The result exceeded the hopes of the King and of Louvois. Guienne yielded as easily as Béarn. The Church of Montauban, the head-quarters of the Reformation in this region, was “reunited” in great majority, after several days of military vexations; Bergerac held out a little longer; then all collective resistance ceased. The cities and villages, for ten or twelve leagues around, sent to the military leaders their promises of abjuration. In three weeks there were sixty thousand conversions in the district of Bordeaux or Lower Guienne, twenty thousand in that of Montauban or Upper Guienne.
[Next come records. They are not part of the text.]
-- ===== src/Deck/LoopTests.antt =====
-- The theorems on the loops of src/server/Shipdeck.cpp at concrete rounds, and runs of them.
use pirate_servers.Base.{ne_of_test, length, ◌≤◌, ◌≡◌, refl, none, some, [], ◌∷◌, true}
use pirate_servers.Base.Map.{contains, lookup, insert}
use pirate_servers.Base.Outcome.{ok}
use pirate_servers.Wire.{Message}
use pirate_servers.Deck.{to_cabins, to_server}
use pirate_servers.Deck.Move.{count_players, leave_cabin, enter_cabin, change_player_cabins}
use pirate_servers.Deck.Crew.{login, handle_crewmate_input}
use pirate_servers.Deck.Services.{handle_services_cabins_input}
use pirate_servers.Deck.Workers.{
  server_listener_step, server_listener_worker, services_cabins_step, services_ships_step,
  services_listener_step, services_listener_worker,
}
use pirate_servers.Deck.Bounds.{crew_input_bounded}
use pirate_servers.Deck.Examples.{in_order, one_cabin, one_client, ann_logs_in, logs_in}

-- A message of a cabin that is neither a registration nor to be sent on.
abbrev idle_message : Message
idle_message = "P" ∷ "NOTE" ∷ []

server_runs :
    server_listener_worker in_order
      (record { alive = true; server = some ann_logs_in; control = true } ∷ [])
      one_cabin
    ≡ ok (
      one_client,
      to_server ("S" ∷ "A" ∷ "SHIP" ∷ "ACK" ∷ [])
          ∷ to_cabins ("" ∷ "DISCONNECT" ∷ "ann" ∷ [])
          ∷ to_cabins ("P" ∷ "JOIN" ∷ "ann" ∷ [])
          ∷ [],
    )
unfolding server_listener_worker server_listener_step handle_crewmate_input login
    change_player_cabins leave_cabin enter_cabin count_players lookup insert
server_runs = refl

services_run :
    services_listener_worker
      (record {
        alive = true;
        cabins = some idle_message;
        info_reply = none;
        ships = none;
        control = true;
      }
        ∷ [])
      one_client
    ≡ ok (one_client, [])
unfolding services_listener_worker services_listener_step services_cabins_step services_ships_step
    handle_services_cabins_input
services_run = refl

crew_input_bounded_example :
    (length one_client.client_map ≤ 1)
    × (length (
          to_server ("S" ∷ "A" ∷ "SHIP" ∷ "ACK" ∷ [])
          ∷ to_cabins ("" ∷ "DISCONNECT" ∷ "ann" ∷ [])
          ∷ to_cabins ("P" ∷ "JOIN" ∷ "ann" ∷ [])
          ∷ [])
        ≤ 3)
    × (contains "S" one_client.client_map ≡ contains "S" one_cabin.client_map)
unfolding lookup
crew_input_bounded_example =
    crew_input_bounded in_order ann_logs_in "A" "S" one_cabin one_client _ (ne_of_test "S" "A" refl)
      refl logs_in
According to the reports of Boufflers, Louvois, September 7th, reckoned that before the end of the month there would not remain in Lower Guienne ten thousand Reformers out of the one hundred fifty thousand found there August 15th. “There is not a courier,” wrote Madame de Maintenon, September 26th, “that does not bring the King great causes of joy; to wit, news of conversions by thousands.” The only resistance that they deigned to notice here and there was that of certain provincial gentlemen, of simple and rigid habits, less disposed than the court nobility to sacrifice their faith to interest and vanity.